- _WORK INSTRUCTIONS_:
Would you please print the data a second time, exactly as it stands?
───── EXCERPTED DATA
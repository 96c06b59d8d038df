-- ===== src/Yjs/Manager/Loading.antt =====
-- `getOrCreateDoc` of yjs/yjs-doc-manager.ts: a document that is loaded is as it is stored.
use aideep_backend.Common.{
  String, ◌≡◌, inl, inr, sym, ap, subst, false, Option, none, some, [], arith, Option-cases,
}
use aideep_backend.Common.Assoc.{lookup}
use aideep_backend.Yjs.Documents.{Documents}
use aideep_backend.Yjs.Manager.{
  Manager, ManagedDoc, managed, stored_doc, get_or_load, load_doc, load_second, called, fresh,
  set_doc, doc_of, first_of, get_or_create_doc,
}
use aideep_backend.Yjs.Manager.Safety.{IsSafe, elsewhere, IsSafe-changed}
use aideep_backend.Yjs.Stores.{Stores, rest_of, is_down, load_from_redis, load_from_db}

module _ (Y : Documents) where
  pub IsSafe-called : (m : Manager Y) → IsSafe Y m → IsSafe Y (called Y m)
  IsSafe-called m safe = record {
    answers = ap (rest_of Y) safe.answers;
    kept = λ other d e. let old = safe.kept other d e in record { stored_alone = old.stored_alone };
  }

  -- a document that is loaded is as it is stored
  IsSafe-fresh :
      (node_id workspace_id : String) (doc : Y.Doc) (m : Manager Y)
      → IsSafe Y m
      → doc ≡ stored_doc Y m.stores node_id
      → IsSafe Y (set_doc Y node_id (fresh Y doc workspace_id m) m)
  IsSafe-fresh node_id workspace_id doc m safe same =
      IsSafe-changed Y node_id _ m.timers m.next_handle m (elsewhere Y node_id safe)
        (record { stored_alone = λ _. same })

  IsSafe-load_second :
      (node_id workspace_id : String) (m : Manager Y)
      → lookup node_id m.stores.redis ≡ none
      → IsSafe Y m
      → IsSafe Y (load_second Y false node_id workspace_id m)
  IsSafe-load_second node_id workspace_id m missing safe =
      IsSafe-fresh node_id _ _ (called Y m) (IsSafe-called m safe)
        (ap (λ r. doc_of Y (first_of Y r (load_from_db Y node_id m.stores))) (sym missing))

  IsSafe-load_doc :
      (r : Option Y.Update) (node_id workspace_id : String) (m : Manager Y)
      → lookup node_id m.stores.redis ≡ r
      → IsSafe Y m
      → IsSafe Y (load_doc Y r node_id workspace_id m)
  IsSafe-load_doc (some state) node_id workspace_id m e safe =
      IsSafe-fresh node_id workspace_id _ m safe
        (ap (λ r. doc_of Y (first_of Y r (load_from_db Y node_id m.stores))) (sym e))
  IsSafe-load_doc none node_id workspace_id m e safe =
      subst (λ o. IsSafe Y (load_second Y (is_down Y o) node_id workspace_id m)) (sym safe.answers)
        (IsSafe-load_second node_id workspace_id m e safe)

  pub load_from_redis-answers :
      (node_id : String) (s : Stores Y)
      → s.outages ≡ []
      → load_from_redis Y node_id s ≡ lookup node_id s.redis
  load_from_redis-answers node_id s answers = ground (arith, answers)

  IsSafe-load :
      (node_id workspace_id : String) (m : Manager Y)
      → IsSafe Y m
      → IsSafe Y (get_or_load Y none node_id workspace_id m)
  IsSafe-load node_id workspace_id m safe =
      IsSafe-load_doc _ node_id workspace_id (called Y m)
        (sym (load_from_redis-answers node_id m.stores safe.answers)) (IsSafe-called m safe)

  IsSafe-found :
      (d : ManagedDoc Y) (node_id workspace_id : String) (m : Manager Y)
      → managed Y m node_id ≡ some d
      → IsSafe Y m
      → IsSafe Y (get_or_load Y (some d) node_id workspace_id m)
  IsSafe-found d node_id workspace_id m e safe =
      let old = safe.kept node_id d e in
      IsSafe-changed Y node_id _ _ m.next_handle m (elsewhere Y node_id safe)
        (record { stored_alone = old.stored_alone })

  pub IsSafe-get_or_create_doc :
      (node_id workspace_id : String) (m : Manager Y)
      → IsSafe Y m
      → IsSafe Y (get_or_create_doc Y node_id workspace_id m)
  unfolding get_or_create_doc
  IsSafe-get_or_create_doc node_id workspace_id m safe = elim (Option-cases (managed Y m node_id)) [
    | inl missing ↦ rw missing (IsSafe-load node_id workspace_id m safe)
    | inr (d, e) ↦ rw e (IsSafe-found d node_id workspace_id m e safe)
  ]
──────────
- _SOLUTION TO THIS EXERCISE_:
repository 96c06b59d8d038df
-- ===== src/Yjs/Manager/Loading.antt =====
-- `getOrCreateDoc` of yjs/yjs-doc-manager.ts: a document that is loaded is as it is stored.
use aideep_backend.Common.{
  String, ◌≡◌, inl, inr, sym, ap, subst, false, Option, none, some, [], arith, Option-cases,
}
use aideep_backend.Common.Assoc.{lookup}
use aideep_backend.Yjs.Documents.{Documents}
use aideep_backend.Yjs.Manager.{
  Manager, ManagedDoc, managed, stored_doc, get_or_load, load_doc, load_second, called, fresh,
  set_doc, doc_of, first_of, get_or_create_doc,
}
use aideep_backend.Yjs.Manager.Safety.{IsSafe, elsewhere, IsSafe-changed}
use aideep_backend.Yjs.Stores.{Stores, rest_of, is_down, load_from_redis, load_from_db}

module _ (Y : Documents) where
  pub IsSafe-called : (m : Manager Y) → IsSafe Y m → IsSafe Y (called Y m)
  IsSafe-called m safe = record {
    answers = ap (rest_of Y) safe.answers;
    kept = λ other d e. let old = safe.kept other d e in record { stored_alone = old.stored_alone };
  }

  -- a document that is loaded is as it is stored
  IsSafe-fresh :
      (node_id workspace_id : String) (doc : Y.Doc) (m : Manager Y)
      → IsSafe Y m
      → doc ≡ stored_doc Y m.stores node_id
      → IsSafe Y (set_doc Y node_id (fresh Y doc workspace_id m) m)
  IsSafe-fresh node_id workspace_id doc m safe same =
      IsSafe-changed Y node_id _ m.timers m.next_handle m (elsewhere Y node_id safe)
        (record { stored_alone = λ _. same })

  IsSafe-load_second :
      (node_id workspace_id : String) (m : Manager Y)
      → lookup node_id m.stores.redis ≡ none
      → IsSafe Y m
      → IsSafe Y (load_second Y false node_id workspace_id m)
  IsSafe-load_second node_id workspace_id m missing safe =
      IsSafe-fresh node_id _ _ (called Y m) (IsSafe-called m safe)
        (ap (λ r. doc_of Y (first_of Y r (load_from_db Y node_id m.stores))) (sym missing))

  IsSafe-load_doc :
      (r : Option Y.Update) (node_id workspace_id : String) (m : Manager Y)
      → lookup node_id m.stores.redis ≡ r
      → IsSafe Y m
      → IsSafe Y (load_doc Y r node_id workspace_id m)
  IsSafe-load_doc (some state) node_id workspace_id m e safe =
      IsSafe-fresh node_id workspace_id _ m safe
        (ap (λ r. doc_of Y (first_of Y r (load_from_db Y node_id m.stores))) (sym e))
  IsSafe-load_doc none node_id workspace_id m e safe =
      subst (λ o. IsSafe Y (load_second Y (is_down Y o) node_id workspace_id m)) (sym safe.answers)
        (IsSafe-load_second node_id workspace_id m e safe)

  pub load_from_redis-answers :
      (node_id : String) (s : Stores Y)
      → s.outages ≡ []
      → load_from_redis Y node_id s ≡ lookup node_id s.redis
  load_from_redis-answers node_id s answers = ground (arith, answers)

  IsSafe-load :
      (node_id workspace_id : String) (m : Manager Y)
      → IsSafe Y m
      → IsSafe Y (get_or_load Y none node_id workspace_id m)
  IsSafe-load node_id workspace_id m safe =
      IsSafe-load_doc _ node_id workspace_id (called Y m)
        (sym (load_from_redis-answers node_id m.stores safe.answers)) (IsSafe-called m safe)

  IsSafe-found :
      (d : ManagedDoc Y) (node_id workspace_id : String) (m : Manager Y)
      → managed Y m node_id ≡ some d
      → IsSafe Y m
      → IsSafe Y (get_or_load Y (some d) node_id workspace_id m)
  IsSafe-found d node_id workspace_id m e safe =
      let old = safe.kept node_id d e in
      IsSafe-changed Y node_id _ _ m.next_handle m (elsewhere Y node_id safe)
        (record { stored_alone = old.stored_alone })

  pub IsSafe-get_or_create_doc :
      (node_id workspace_id : String) (m : Manager Y)
      → IsSafe Y m
      → IsSafe Y (get_or_create_doc Y node_id workspace_id m)
  unfolding get_or_create_doc
  IsSafe-get_or_create_doc node_id workspace_id m safe = elim (Option-cases (managed Y m node_id)) [
    | inl missing ↦ rw missing (IsSafe-load node_id workspace_id m safe)
    | inr (d, e) ↦ rw e (IsSafe-found d node_id workspace_id m e safe)
  ]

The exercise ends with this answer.